Computing Graph Limits

If you've ever drawn a graph (manually or with a computer), you know that you have to pick upper and lower bounds for the x and y axes based on the data points you're graphing.  Usually, this is a relatively simple matter, but, at least for me, it's proven to be a difficult problem to solve in a general manner.

I've built some time-based charting components with SVG (because CFCHART sucks), and while they work very well, I simply can't find an algorithm for finding appropriate bounds that works effectively.  My first thought was to extend the range a few percent above and below the min and max, but that usually ends up with grid lines labels that are ugly (1, 1.333333, 1.6666666, 2, etc.).

I'm currently using an implementation that scales based on the number of gridlines, applied to the order of magnitude of the range boundaries.  It works pretty well, except where the order of magnitude changes close to a boundary.  I.e. if the range is from 0.01 up to 1.01, the scale will end up being from 0 to 10, which isn't desirable, because the top 89% of the chart is empty.

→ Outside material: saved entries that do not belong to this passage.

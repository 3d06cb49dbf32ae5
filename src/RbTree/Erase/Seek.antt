-- ===== src/RbTree/Erase/Seek.antt =====
-- The search of `rb_erase_augmented` for the successor, and the writes that take it out of its place.
use struct.Base.{one, ℕ, zero, suc, ◌+◌, ◌≤◌, ◌≡◌, ◌∙◌, arith, some, false, [], ◌==◌, if◌then◌else◌}
use struct.RbTree.State.{
  Color, left, right, RbNode, State, Cmd, ◌>>◌, Returns, set_child, set_parent,
}
use struct.RbTree.Tree.{Tree, leaf, node, Ctx, under, addr, plug, depth, occ, occ_ctx}
use struct.RbTree.Rep.{cell_of, Rep, Rep-frame}
use struct.RbTree.Ops.{bind, weaken, load_lem}
use struct.RbTree.Rotate.{one_self, one_ne}
use struct.RbTree.Order.{lefts}
use struct.RbTree.Walk.Laws.{height}
use struct.RbTree.Erase.{seek_successor}
use struct.RbTree.Erase.Sides.{set_near, set_far}
use struct.RbTree.Erase.Settle.{ne_false}
use struct.RbTree.Erase.Segment.{up_in, RepSeg, RepSeg-frame, set_parent_seg}

-- A node without a left child at the end of the left chain `under left pc p pu m` below `a`.
pub record Leftmost (st : State) (a y : ℕ) (whole : Tree) (bound : ℕ) (cs : Color) (s : ℕ)
    (sr : Tree) (pc : Color) (p : ℕ) (pu : Tree) (m : Ctx) : Type 0 where
  pub rep : Rep st.cell p (node cs leaf s sr)
  pub seg : RepSeg st.cell y s a (under left pc p pu m)
  pub whole_eq : plug (node cs leaf s sr) (under left pc p pu m) ≡ whole
  pub chain : lefts m ≡ []
  pub near : suc (depth (under left pc p pu m)) ≤ bound

-- The search finds it, on fuel for the height of the subtree.
pub seek_lem :
    {Q : State → Type 0} (g : ℕ) (tc : Color) (tl : Tree) (s : ℕ) (tr : Tree) (pc : Color) (p : ℕ)
    (pu : Tree) (m : Ctx) (a y bound : ℕ) (whole : Tree) (next : ℕ → ℕ → RbNode → Cmd) (st : State)
    → height (node tc tl s tr) ≤ g
    → depth (under left pc p pu m) + height (node tc tl s tr) ≤ bound
    → Rep st.cell p (node tc tl s tr)
    → RepSeg st.cell y s a (under left pc p pu m)
    → plug (node tc tl s tr) (under left pc p pu m) ≡ whole
    → lefts m ≡ []
    → ((cs : Color) (s' : ℕ) (sr : Tree) (pc' : Color) (p' : ℕ) (pu' : Tree) (m' : Ctx)
        → Leftmost st a y whole bound cs s' sr pc' p' pu' m'
        → Returns Q (next p' s' (cell_of left p' cs 0 (addr sr)) st))
    → Returns Q (seek_successor g p s next st)
unfolding seek_successor
seek_lem zero tc tl s tr pc p pu m a y bound whole next st h d rep seg e ch found =
    absurd (omega arith)
seek_lem (suc g) tc leaf s tr pc p pu m a y bound whole next st h d rep seg e ch found =
    load_lem s (λ n. if n.rb_left == 0 then next p s n else seek_successor g s n.rb_left next) st
      rep.1
      (found tc s tr pc p pu m
        (record { rep = rep; seg = seg; whole_eq = e; chain = ch; near = omega arith }))
seek_lem (suc g) tc (node lc ll l lr) s tr pc p pu m a y bound whole next st h d rep seg e ch
      found =
    let f : (l == 0) ≡ false = ne_false l rep.2.0 in
    load_lem s (λ n. if n.rb_left == 0 then next p s n else seek_successor g s n.rb_left next) st
      rep.1
      (rw f (
        seek_lem g lc ll l lr tc s tr (under left pc p pu m) a y bound whole next st (omega arith)
          (omega arith) rep.2 (rep.0, rep.1, rep.3, seg) e ch found))

-- The successor out of its place, over its new right child `y`.
pub unhook :
    (st : State) (a y : ℕ) (whole : Tree) (bound : ℕ) (cs : Color) (s : ℕ) (sr : Tree) (pc : Color)
    (p : ℕ) (pu : Tree) (m : Ctx)
    → Leftmost st a y whole bound cs s sr pc p pu m
    → ((z : ℕ) → occ z (node cs leaf s sr) + occ_ctx z (under left pc p pu m) ≤ 1)
    → Returns
        (λ s'.
          (s'.cell s ≡ some (cell_of left p cs 0 y))
          × RepSeg s'.cell y (addr sr) s (under left pc p pu m)
          × Rep s'.cell s sr
          × ((z : ℕ) → one z s + occ_ctx z (under left pc p pu m) ≡ 0 → s'.cell z ≡ st.cell z)
          × (s'.root ≡ st.root))
        (((set_child left p (addr sr) >> set_child right s y) >> set_parent y s) st)
unfolding occ occ_ctx
unhook st a y whole bound cs s sr pc p pu m at uniq =
    let (s_ne, es, rl, rsr) = at.rep in
    let (p_ne, ep, rpu, rm) = at.seg in
    bind (set_child left p (addr sr) >> set_child right s y) (set_parent y s) st
      (bind (set_child left p (addr sr)) (set_child right s y) st
        (set_near left p (up_in m a) s (addr pu) (addr sr) pc st ep)
        λ s1 (ep1, out1, root1).
          weaken
            {Q = λ s2.
              (s2.cell p ≡ some (cell_of left (up_in m a) pc (addr sr) (addr pu)))
              × (s2.cell s ≡ some (cell_of left p cs 0 y))
              × ((z : ℕ) → one z s + one z p ≡ 0 → s2.cell z ≡ st.cell z)
              × (s2.root ≡ st.root)}
            (set_far left s p 0 (addr sr) y cs s1
              (out1 s (one_ne s p (omega (arith, uniq s, one_self s))) ∙ es))
            λ s2 (es2, out2, root2). (
              out2 p (one_ne p s (omega (arith, uniq p, one_self p))) ∙ ep1,
              es2,
              λ z i. out2 z (one_ne z s (omega arith)) ∙ out1 z (one_ne z p (omega arith)),
              root2 ∙ root1,
            ))
      λ s2 (ep2, es2, same2, root2).
        let seg2 : RepSeg s2.cell y (addr sr) a (under left pc p pu m) = (
          p_ne,
          ep2,
          Rep-frame p pu (λ z i. same2 z (omega (arith, uniq z))) rpu,
          RepSeg-frame y p a m (λ z i. same2 z (omega (arith, uniq z))) rm,
        ) in
        weaken
          (set_parent_seg y (addr sr) a s (under left pc p pu m) s2 p_ne seg2
            (λ z. omega (arith, uniq z)))
          λ s3 (seg3, out3, root3). (
            out3 s (omega (arith, uniq s, one_self s)) ∙ es2,
            seg3,
            Rep-frame s sr (λ z i. out3 z (omega (arith, uniq z)) ∙ same2 z (omega (arith, uniq z)))
                rsr,
            λ z i. out3 z (omega arith) ∙ same2 z (omega arith),
            root3 ∙ root2,
          )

So with the success of my last to "fishing for feedback" posts (on BlogCFC, and tabbed documents), here's the next inline.  I'd love to hear about other people's solutions to this sort of problem, because it's quite a nasty one (or I'm an idiot and missing the obvious).

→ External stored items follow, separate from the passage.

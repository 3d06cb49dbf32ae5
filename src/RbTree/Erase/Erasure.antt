-- ===== src/RbTree/Erase/Erasure.antt =====
-- `rb_erase` on a heap that holds a red-black tree.
use struct.Base.{
  one, ℕ, ◌+◌, ◌≤◌, ◌≡◌, ◌≢◌, ◌∙◌, refl, sym, ap, subst, arith, some, false, [], ◌∷◌, ◌++◌, ◌==◌,
  if◌then◌else◌,
}
use struct.RbTree.State.{
  Color, left, right, RbNode, State, Cmd, ◌>>◌, Returns, set_child, set_parent,
}
use struct.RbTree.Tree.{
  Tree, leaf, node, Ctx, top, under, addr, up, plug, depth, inorder, occ, occ_ctx,
}
use struct.RbTree.Rep.{cell_of, Rep, RepCtx, Rep-frame, RepCtx-frame, occ-plug}
use struct.RbTree.Ops.{bind, weaken, load_lem}
use struct.RbTree.Rotate.{one_self}
use struct.RbTree.Balance.{IsRb, RbAt, plug-RbAt}
use struct.RbTree.Order.{lefts, rights, inorder-plug_sides}
use struct.RbTree.Walk.Laws.{height}
use struct.RbTree.Erase.{erase, erase_inner, splice_right, splice_left, replace_by, seek_successor}
use struct.RbTree.Erase.Settle.{Mended, ne_false}
use struct.RbTree.Erase.Loop.{Mended-change}
use struct.RbTree.Erase.Vacate.{without, splice_right_lem, splice_left_lem}
use struct.RbTree.Erase.Segment.{over, plug-over, RbAt-over, depth-over}
use struct.RbTree.Erase.Successor.{below, replace_by_lem}
use struct.RbTree.Erase.Seek.{Leftmost, seek_lem, unhook}

-- The order once the successor `s`, the first node of `r`, stands for the node.
order_below :
    (c : Color) (l : Tree) (r : Tree) (cs : Color) (s : ℕ) (sr : Tree) (m k : Ctx)
    → plug (node cs leaf s sr) m ≡ r
    → lefts m ≡ []
    → inorder (plug sr (below m c s l k)) ≡ without l r k
unfolding inorder
order_below c l r cs s sr m k e ch =
    let first : inorder r ≡ s ∷ inorder (plug sr m) =
      ap inorder (sym e)
      ∙ inorder-plug_sides (node cs leaf s sr) m
      ∙ ap (λ w. w ++ ((s ∷ inorder sr) ++ rights m)) ch
      ∙ ap (λ w. s ∷ w)
          (ap (λ w. w ++ (inorder sr ++ rights m)) (sym ch) ∙ sym (inorder-plug_sides sr m)) in
    ap inorder (plug-over sr m (under right c s l k))
    ∙ inorder-plug_sides (node c l s (plug sr m)) k
    ∙ ap (λ w. lefts k ++ ((inorder l ++ w) ++ rights k)) (sym first)

-- The conditions at the successor's place, before it leaves it and after.
rb_below :
    (c : Color) (l : Tree) (a : ℕ) (r : Tree) (cs : Color) (s : ℕ) (sr : Tree) (m k : Ctx)
    → plug (node cs leaf s sr) m ≡ r
    → IsRb (plug (node c l a r) k)
    → RbAt (node cs leaf s sr) (below m c s l k)
rb_below c l a r cs s sr m k e rb = RbAt-over (node cs leaf s sr) right c a s l m k (
    plug-RbAt (node cs leaf s sr) (over m (under right c a l k)) (
      subst IsRb
        (sym (
          plug-over (node cs leaf s sr) m (under right c a l k)
          ∙ ap (λ w. plug (node c l a w) k) e))
        rb))

spots_below :
    (z a : ℕ) (l r : Tree) (cs : Color) (s : ℕ) (sr : Tree) (m : Ctx)
    → plug (node cs leaf s sr) m ≡ r
    → occ z r ≡ one z s + (occ z sr + occ_ctx z m)
unfolding occ
spots_below z a l r cs s sr m e =
    ap (occ z) (sym e) ∙ occ-plug z (node cs leaf s sr) m ∙ omega arith

-- Case 2: the right child is the successor.
erase_child :
    (fuel : ℕ) (c lc yc : Color) (l1 : Tree) (la : ℕ) (l2 : Tree) (a y : ℕ) (yr : Tree) (k : Ctx)
    (st : State)
    → depth k + height (node c (node lc l1 la l2) a (node yc leaf y yr)) ≤ fuel
    → Rep st.cell (up k) (node c (node lc l1 la l2) a (node yc leaf y yr))
    → RepCtx st.cell st.root a k
    → IsRb (plug (node c (node lc l1 la l2) a (node yc leaf y yr)) k)
    → ((z : ℕ) → occ z (node c (node lc l1 la l2) a (node yc leaf y yr)) + occ_ctx z k ≤ 1)
    → Returns
        (Mended
          (without (node lc l1 la l2) (node yc leaf y yr) k)
          (λ z. occ z (node c (node lc l1 la l2) a (node yc leaf y yr)) + occ_ctx z k)
          st)
        (replace_by fuel a y (addr yr) y st)
unfolding occ occ_ctx
erase_child fuel c lc yc l1 la l2 a y yr k st h (a_ne, ea, rl, (y_ne, ey, ryl, ryr)) rk rb uniq =
    let l = node lc l1 la l2 in
    let r = node yc leaf y yr in
    weaken
      (replace_by_lem fuel a y c yc lc l1 la l2 yr top k (addr yr) y 0 a y st a_ne y_ne ea ey refl
        ryr rl rk (λ z. omega (arith, uniq z)) (omega arith)
        (rb_below c l a r yc y yr top k refl rb))
      λ s' done.
        Mended-change st st s' (order_below c l r yc y yr top k refl refl) (λ z i. omega (arith, i))
          (λ z i. refl) done

-- Case 3: the successor is further down.
module _ (fuel : ℕ) (c lc : Color) (l1 : Tree) (la : ℕ) (l2 : Tree) (a y : ℕ) (r : Tree) (k : Ctx)
    (st : State) (a_ne : a ≢ 0) (ea : st.cell a ≡ some (cell_of left (up k) c la y))
    (rl : Rep st.cell a (node lc l1 la l2)) (rk : RepCtx st.cell st.root a k)
    (rb : IsRb (plug (node c (node lc l1 la l2) a r) k))
    (uniq : (z : ℕ) → one z a + (occ z (node lc l1 la l2) + (occ z r + occ_ctx z k)) ≤ 1) where
  erase_further :
      (bound : ℕ) (cs : Color) (s : ℕ) (sr : Tree) (pc : Color) (p : ℕ) (pu : Tree) (m : Ctx)
      → bound + depth k ≤ fuel
      → Leftmost st a y r bound cs s sr pc p pu m
      → Returns
          (Mended
            (without (node lc l1 la l2) r k)
            (λ z. one z a + (occ z (node lc l1 la l2) + (occ z r + occ_ctx z k)))
            st)
          ((((set_child left p (addr sr) >> set_child right s y) >> set_parent y s)
              >> replace_by fuel a s (addr sr) p)
            st)
  unfolding occ
  erase_further bound cs s sr pc p pu m h at =
      let l = node lc l1 la l2 in
      let m' = under left pc p pu m in
      let parts : (z : ℕ) → occ z r ≡ one z s + (occ z sr + occ_ctx z m') =
        λ z. spots_below z a l r cs s sr m' at.whole_eq in
      bind ((set_child left p (addr sr) >> set_child right s y) >> set_parent y s)
        (replace_by fuel a s (addr sr) p) st
        (unhook st a y r bound cs s sr pc p pu m at (λ z. omega (arith, uniq z, parts z)))
        λ s1 (es1, seg1, rsr1, same1, root1).
          weaken
            (replace_by_lem fuel a s c cs lc l1 la l2 sr m' k y y 0 p s s1 a_ne at.rep.0
              (same1 a (omega (arith, uniq a, parts a, one_self a)) ∙ ea) es1 seg1 rsr1
              (Rep-frame a l (λ z i. same1 z (omega (arith, uniq z, parts z))) rl)
              (rw root1
                (RepCtx-frame st.root a k (λ z i. same1 z (omega (arith, uniq z, parts z))) rk))
              (λ z. omega (arith, uniq z, parts z))
              (omega (arith, at.near, depth-over m' (under right c s l k)))
              (rb_below c l a r cs s sr m' k at.whole_eq rb))
            λ s' done.
              Mended-change st s1 s' (order_below c l r cs s sr m' k at.whole_eq at.chain)
                (λ z i. omega (arith, i, parts z)) (λ z i. same1 z (omega (arith, i, parts z))) done

-- The branches of `rb_erase` with a child on the left, and of its cases 2 and 3.
abbrev erase_two : ℕ → ℕ → RbNode → Cmd
erase_two fuel a n = if n.rb_right == 0 then splice_left a n else erase_inner fuel a n

abbrev inner : ℕ → (a y : ℕ) → RbNode → Cmd
inner fuel a y m =
    if m.rb_left == 0
    then replace_by fuel a y m.rb_right y
    else seek_successor fuel y m.rb_left λ parent successor s.
      ((set_child left parent s.rb_right >> set_child right successor y) >> set_parent y successor)
      >> replace_by fuel a successor s.rb_right parent

-- On a heap with a red-black tree, `rb_erase` of one of its nodes ends without a fault, on fuel for
-- the depth of the node and the height below it, with a red-black tree of the other nodes in the
-- same order; only cells of the tree are written.
pub erasure :
    (fuel : ℕ) (c : Color) (l : Tree) (a : ℕ) (r : Tree) (k : Ctx) (st : State)
    → depth k + height (node c l a r) ≤ fuel
    → Rep st.cell (up k) (node c l a r)
    → RepCtx st.cell st.root a k
    → IsRb (plug (node c l a r) k)
    → ((z : ℕ) → occ z (node c l a r) + occ_ctx z k ≤ 1)
    → Returns
        (Mended (without l r k) (λ z. occ z (node c l a r) + occ_ctx z k) st)
        (erase fuel a st)
unfolding erase erase_inner occ
erasure fuel c leaf a r k st h rep rk rb uniq =
    load_lem a (λ n. if n.rb_left == 0 then splice_right fuel a n else erase_two fuel a n) st rep.1
      (splice_right_lem fuel c a r k st (omega arith) (plug-RbAt (node c leaf a r) k rb) rep rk
        uniq)
erasure fuel c (node lc l1 la l2) a leaf k st h rep rk rb uniq =
    let f : (la == 0) ≡ false = ne_false la rep.2.0 in
    load_lem a (λ n. if n.rb_left == 0 then splice_right fuel a n else erase_two fuel a n) st rep.1
      (rw f (
        splice_left_lem c lc l1 la l2 a k st (plug-RbAt (node c (node lc l1 la l2) a leaf) k rb) rep
          rk uniq))
erasure fuel c (node lc l1 la l2) a (node yc leaf y yr) k st h rep rk rb uniq =
    let f : (la == 0) ≡ false = ne_false la rep.2.0 in
    let g : (y == 0) ≡ false = ne_false y rep.3.0 in
    load_lem a (λ n. if n.rb_left == 0 then splice_right fuel a n else erase_two fuel a n) st rep.1
      (rw (f, g)
        (load_lem y (inner fuel a y) st rep.3.1
          (erase_child fuel c lc yc l1 la l2 a y yr k st h rep rk rb uniq)))
erasure fuel c (node lc l1 la l2) a (node yc (node tc t1 t t2) y yr) k st h rep rk rb uniq =
    let l = node lc l1 la l2 in
    let r = node yc (node tc t1 t t2) y yr in
    let f : (la == 0) ≡ false = ne_false la rep.2.0 in
    let g : (y == 0) ≡ false = ne_false y rep.3.0 in
    let e : (t == 0) ≡ false = ne_false t rep.3.2.0 in
    let (y_ne, ey, rt, ryr) = rep.3 in
    load_lem a (λ n. if n.rb_left == 0 then splice_right fuel a n else erase_two fuel a n) st rep.1
      (rw (f, g)
        (load_lem y (inner fuel a y) st rep.3.1 (
          rw e (
            seek_lem fuel tc t1 t t2 yc y yr top a y (height r) r
              (λ parent successor s.
                ((set_child left parent s.rb_right >> set_child right successor y)
                  >> set_parent y successor)
                >> replace_by fuel a successor s.rb_right parent)
              st (omega arith) (omega arith) rt (y_ne, ey, ryr, refl) refl refl
              λ cs s sr pc p pu m at.
                weaken
                  (erase_further fuel c lc l1 la l2 a y r k st rep.0 rep.1 rep.2 rk rb
                    (λ z. omega (arith, uniq z)) (height r) cs s sr pc p pu m (omega arith) at)
                  λ s' done.
                    Mended-change st st s' refl (λ z i. omega (arith, i)) (λ z i. refl) done))))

6 responses to “Computing Graph Limits”

  1. Josh

    Instead of trying to calculate bounds first, try to determine a good interval first. For instance, if your values range from 8 – 76, you might find that 10 is a good interval. Then you can base the chart bounds on that inverval. You could make the chart go from 80.

    I don't have a good function on hand to find a good interval, but it shouldn't be too hard to write one.

  2. Josh

    Make that 0 to 80.

  3. Barney

    An interesting turn of scope; I think it's still the same question, but maybe not. I'm thinking ceiling((high – low) / intervalCount) is what you're looking for. However, if high and low are 21,753 and 23,543, it's going to be arbitrary, because ceiling operates at the decimal point, and those numbers won't yield meaningful factional parts.

    This is the same problem that I had to begin with: devising a general solution for finding the limits. There's something lurking in there with scaling the ceiling call (some factor of the range), but I can't put my finger on it.

    Here's a better description of what I do currently:

    compute the range of values, create the smallest number with 1 non-zero digit that is strictly larger than the range, divide that by the number of intervals, and then find the next smallest and next largest intervals below and above the actual range. So for 21753 and 23543, the range is 1790, the 1-sig-fig number is 2000, 10 intervals yields 200 per interval, and the tightest boundaries are 21600 and 23600 (which, as you'd expect, are 2000 apart).

    That worked really well in this case, but when there's a jump right at the end, not so much. Consider 21,500 to 23,501: range is 2001, 1-sig-fig number is 3000, so 300 per interval, with boundaries of 21,300 and 23,700, which are NOT 3000 apart.

    However, what I'm now realizing is that perhaps forcing the number of intervals is what my problem is. The algorithm does yield a good range, just not one that can be broken in the right number of parts. But that number doesn't really matter. What does 10 versus eight intervals really matter?

  4. Patrick McElhaney

    It sounds like you want your interval to be 10^n, where n is a whole number.

    Gotta run, but I hope that helps you move a little bit closer.

  5. Adam Ness

    I did up some formulas for this a few years ago, using CFCHART. I was always using a minimum value of 0, so you might need to adjust it, but here's the psuedocode:

    <cfset orderOfMag = int(log10(maxValue))>
    <cfif orderOfMag gt 1 and (maxValue/10^orderOfmag) lt 5>
    <cfset totalMax = (int(maxValue/10^orderOfMag)*4+1)/4 * 10^orderOfMag>
    <cfset gridLineCount = int(totalmax/10^orderOfMag)*4+1>
    <cfelseif orderOfMag gt -1 or (maxValue/10^orderOfmag) gt 5>
    <cfset totalMax = (int(maxValue/10^orderOfMag)*2+1)/2 * 10^orderOfMag>
    <cfset gridLineCount = int(totalmax/10^orderOfMag)*2+1>
    <cfset totalMax = (int(maxValue/10^orderOfMag)*4+1)/4 * 10^orderOfMag>
    <cfset gridLineCount = int(totalmax/10^orderOfMag)*4+1>

  6. Barney

    Adam, that's good stuff. I'll have to tune my solution a little on that. I don't know why the heck I didn't think of using logarithms, but that should make things much more straightforward.